Transcribe exactly the lines from the one containing "pi).1 taken c)" through the last line of the listing below, inclusive, and nothing beyond them.

++++++

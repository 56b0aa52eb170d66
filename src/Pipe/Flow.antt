-- ===== src/Pipe/Flow.antt =====
-- What goes through a pipe: bytes come out in the order in which they went in.
use xv6_riscv_private.Common.{
  ℕ, zero, suc, ◌+◌, ◌-◌, ◌≤◌, ◌<◌, ◌≡◌, ◌⊎◌, inl, inr, refl, sym, ◌∙◌, ap, subst, Bool, true,
  false, not, ◌||◌, Bool-cases, Option, none, some, Option-cases, ◌==◌, update, update-ne,
  update_self, arith, pos, negsuc, List, [], ◌∷◌,
}
use xv6_riscv_private.Pipe.{
  Pipe, pipesize, is_full, is_empty, push, pull, End, returned, asleep, write_loop, read_loop,
}
use xv6_riscv_private.Pipe.Ring.{IsPipe, is_full-eq, is_empty-eq, push-IsPipe, pull-IsPipe, pull-eq}

-- `m` bytes from index `i` on of the user's memory have followed the `w` bytes of the stream `s`.
pub record Wrote (copyin : ℕ → Option ℕ) (a : ℕ) (s : ℕ → ℕ) (r w m : ℕ) (s' : ℕ → ℕ) (pi' : Pipe)
    : Type 0 where
  pub ring : IsPipe s' r (w + m) pi'
  pub old : (j : ℕ) → j < w → s' j ≡ s j
  pub new : (j : ℕ) → j < m → copyin (a + j) ≡ some (s' (w + j))

Wrote-none :
    (copyin : ℕ → Option ℕ) (a : ℕ) (s : ℕ → ℕ) (r w : ℕ) (pi : Pipe)
    → IsPipe s r w pi
    → Wrote copyin a s r w 0 s pi
Wrote-none copyin a s r w pi h = record {
  ring = subst (λ x. IsPipe s r x pi) (omega arith) h;
  old = λ j lt. refl;
  new = λ j lt. absurd (omega arith);
}

Wrote-suc :
    (copyin : ℕ → Option ℕ) (a : ℕ) (s : ℕ → ℕ) (r w m ch : ℕ) (s' : ℕ → ℕ) (pi' : Pipe)
    → copyin a ≡ some ch
    → Wrote copyin (a + 1) (update s w ch) r (w + 1) m s' pi'
    → Wrote copyin a s r w (suc m) s' pi'
Wrote-suc copyin a s r w m ch s' pi' e h = record {
  ring = subst (λ x. IsPipe s' r x pi') (omega arith) h.ring;
  old = λ j lt. h.old j (omega arith) ∙ update-ne s w j ch (ground arith);
  new = λ j lt. elim (Bool-cases (j == 0)) [
    | inl z ↦
        let first : s' w ≡ ch = h.old w (omega arith) ∙ update_self s w ch in
        ground (arith, z, e, first)
    | inr z ↦ let next = h.new (j - 1) (ground (arith, z)) in ground (arith, z, next)
  ];
}

-- why the loop ended after `m` of the `n` bytes from index `i` on
abbrev pub Why : (ℕ → Option ℕ) → ℕ → ℕ → ℕ → ℕ → ℕ → ℕ → Bool → Bool → End → Type 0
Why copyin addr i n r w m killed readopen (returned (pos k)) =
    (k ≡ i + m) × ((m ≡ n) ⊎ (copyin (addr + (i + m)) ≡ none))
Why copyin addr i n r w m killed readopen (returned (negsuc _)) = (not readopen || killed) ≡ true
Why copyin addr i n r w m killed readopen asleep = (w + m ≡ r + pipesize) × (m < n)

Why-suc :
    (copyin : ℕ → Option ℕ) (addr i n r w m ch : ℕ) (killed : Bool) (pi : Pipe) (e : End)
    → Why copyin addr (i + 1) n r (w + 1) m killed (push ch pi).readopen e
    → Why copyin addr i (suc n) r w (suc m) killed pi.readopen e
unfolding push
Why-suc copyin addr i n r w m ch killed pi (returned (pos k)) (h, inl all) =
    (omega (arith, h), inl (ap suc all))
Why-suc copyin addr i n r w m ch killed pi (returned (pos k)) (h, inr stop) =
    (omega (arith, h), inr (ground (arith, stop)))
Why-suc copyin addr i n r w m ch killed pi (returned (negsuc k)) h = h
Why-suc copyin addr i n r w m ch killed pi asleep h = (omega (arith, h.0), omega (arith, h.1))

-- However a stretch of `pipewrite` ends, the bytes that it has taken from the user's memory follow in order those in the
-- pipe, which stay as they are; it returns their number when it has written all or cannot read more,
-- fails only if the read end is closed or the process was killed, and sleeps only on a full pipe.
pub write_loop_lem :
    (n i : ℕ) (copyin : ℕ → Option ℕ) (addr : ℕ) (killed : Bool) (pi : Pipe) (s : ℕ → ℕ) (r w : ℕ)
    → IsPipe s r w pi
    → (m : ℕ) × (s' : ℕ → ℕ) × (m ≤ n)
      × ((write_loop n i copyin addr killed pi).0 ≡ i + m)
      × Wrote copyin (addr + i) s r w m s' (write_loop n i copyin addr killed pi).1
      × Why copyin addr i n r w m killed pi.readopen (write_loop n i copyin addr killed pi).2
unfolding write_loop
write_loop_lem zero i copyin addr killed pi s r w h = (
  0,
  s,
  omega arith,
  omega arith,
  Wrote-none copyin (addr + i) s r w pi h,
  (omega arith, inl refl),
)
write_loop_lem (suc n) i copyin addr killed pi s r w h =
    elim (Bool-cases (not pi.readopen || killed)) [
      | inl e ↦ rw e (0, s, omega arith, omega arith, Wrote-none copyin (addr + i) s r w pi h, e)
      | inr e ↦ elim (Bool-cases (is_full pi)) [
        | inl full ↦
            rw (e, full)
              (
                0,
                s,
                omega arith,
                omega arith,
                Wrote-none copyin (addr + i) s r w pi h,
                (let q = (is_full-eq s r w pi h).0 full in omega (arith, q), omega arith),
              )
        | inr free ↦ elim (Option-cases (copyin (addr + i))) [
          | inl c ↦
              rw (e, free, c)
                (
                  0,
                  s,
                  omega arith,
                  omega arith,
                  Wrote-none copyin (addr + i) s r w pi h,
                  (omega arith, inr (ground (arith, c))),
                )
          | inr (ch, c) ↦
              let room : w < r + pipesize =
                let f = h.fits in let q = (is_full-eq s r w pi h).1 in ground (arith, free, q) in
              let (m, s', least, reached, wrote, why) =
                write_loop_lem n (i + 1) copyin addr killed (push ch pi) (update s w ch) r (w + 1)
                  (push-IsPipe s r w pi h ch room) in
              let last = write_loop n (i + 1) copyin addr killed (push ch pi) in
              rw (e, free, c)
                (
                  suc m,
                  s',
                  omega (arith, least),
                  omega (arith, reached),
                  Wrote-suc copyin (addr + i) s r w m ch s' last.1 c (
                      subst (λ x. Wrote copyin x (update s w ch) r (w + 1) m s' last.1)
                        (omega arith) wrote),
                  Why-suc copyin addr i n r w m ch killed pi last.2 why,
                )
        ]
      ]
    ]

-- the `m` bytes of the stream from position `r` on
pub segment : ℕ → ℕ → (ℕ → ℕ) → List ℕ
segment zero r s = []
segment (suc m) r s = s r ∷ segment m (r + 1) s

-- `m` bytes were copied out of a pipe, and `p` were taken from it
pub record Read (n i : ℕ) (copyout : ℕ → Bool) (addr : ℕ) (s : ℕ → ℕ) (r w m p : ℕ) (chs : List ℕ)
    (pi' : Pipe) (k : ℕ) : Type 0 where
  pub least : m ≤ n
  pub bytes : chs ≡ segment m r s
  pub result : k ≡ i + m
  pub ring : IsPipe s (r + p) w pi'
  pub stop :
      ((p ≡ m) × ((m ≡ n) ⊎ (r + m ≡ w))) ⊎ ((p ≡ m + 1) × (copyout (addr + (i + m)) ≡ false))

Read-none :
    (n i : ℕ) (copyout : ℕ → Bool) (addr : ℕ) (s : ℕ → ℕ) (r w : ℕ) (pi : Pipe)
    → IsPipe s r w pi
    → (0 ≡ n) ⊎ (r ≡ w)
    → Read n i copyout addr s r w 0 0 [] pi i
unfolding segment
Read-none n i copyout addr s r w pi h why = record {
  least = omega arith;
  bytes = refl;
  result = omega arith;
  ring = subst (λ x. IsPipe s x w pi) (omega arith) h;
  stop = inl (refl, ground (arith, why));
}

Read-suc :
    (n i : ℕ) (copyout : ℕ → Bool) (addr : ℕ) (s : ℕ → ℕ) (r w m p ch : ℕ) (chs : List ℕ)
    (pi' : Pipe) (k : ℕ)
    → ch ≡ s r
    → Read n (i + 1) copyout addr s (r + 1) w m p chs pi' k
    → Read (suc n) i copyout addr s r w (suc m) (suc p) (ch ∷ chs) pi' k
unfolding segment
Read-suc n i copyout addr s r w m p ch chs pi' k e h = record {
  least = let q = h.least in omega (arith, q);
  bytes = let q = h.bytes in cc;
  result = let q = h.result in omega (arith, q);
  ring = subst (λ x. IsPipe s x w pi') (omega arith) h.ring;
  stop = let q = h.stop in ground (arith, q);
}

Read-failed :
    (n i : ℕ) (copyout : ℕ → Bool) (addr : ℕ) (s : ℕ → ℕ) (r w : ℕ) (pi' : Pipe)
    → IsPipe s (r + 1) w pi'
    → copyout (addr + i) ≡ false
    → Read (suc n) i copyout addr s r w 0 1 [] pi' i
unfolding segment
Read-failed n i copyout addr s r w pi' h c = record {
  least = omega arith;
  bytes = refl;
  result = omega arith;
  ring = h;
  stop = inr (refl, ground (arith, c));
}

-- The loop of `piperead` copies out the next bytes of the pipe, in order, and returns their number: as many as it was
-- asked for, or all there were, or those before the first that could not be copied out, and that
-- one is taken from the pipe too.
pub read_loop_lem :
    (n i : ℕ) (copyout : ℕ → Bool) (addr : ℕ) (pi : Pipe) (s : ℕ → ℕ) (r w : ℕ)
    → IsPipe s r w pi
    → (m : ℕ) × (p : ℕ) × Read n i copyout addr s r w m p
        (read_loop n i copyout addr pi).0
        (read_loop n i copyout addr pi).1
        (read_loop n i copyout addr pi).2
unfolding read_loop
read_loop_lem zero i copyout addr pi s r w h =
    (0, 0, Read-none 0 i copyout addr s r w pi h (inl refl))
read_loop_lem (suc n) i copyout addr pi s r w h = elim (Bool-cases (is_empty pi)) [
  | inl e ↦
      rw e (
        0,
        0,
        Read-none (suc n) i copyout addr s r w pi h (inr (sym ((is_empty-eq s r w pi h).0 e))),
      )
  | inr e ↦
      let there : r < w =
        let b = h.behind in let q = (is_empty-eq s r w pi h).1 in ground (arith, e, q) in
      let taken = pull-IsPipe s r w pi h there in
      elim (Bool-cases (copyout (addr + i))) [
        | inl c ↦
            let (m, p, rest) = read_loop_lem n (i + 1) copyout addr (pull pi).1 s (r + 1) w taken in
            rw (e, c)
              (
                suc m,
                suc p,
                Read-suc n i copyout addr s r w m p _ _ _ _ (pull-eq s r w pi h there) rest,
              )
        | inr c ↦ rw (e, c) (0, 1, Read-failed n i copyout addr s r w (pull pi).1 taken c)
      ]
]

++++++

Task answer:
        | inr c ↦ rw (e, c) (0, 1, Read-failed n i copyout addr s r w (pull pi).1 taken c)
      ]
]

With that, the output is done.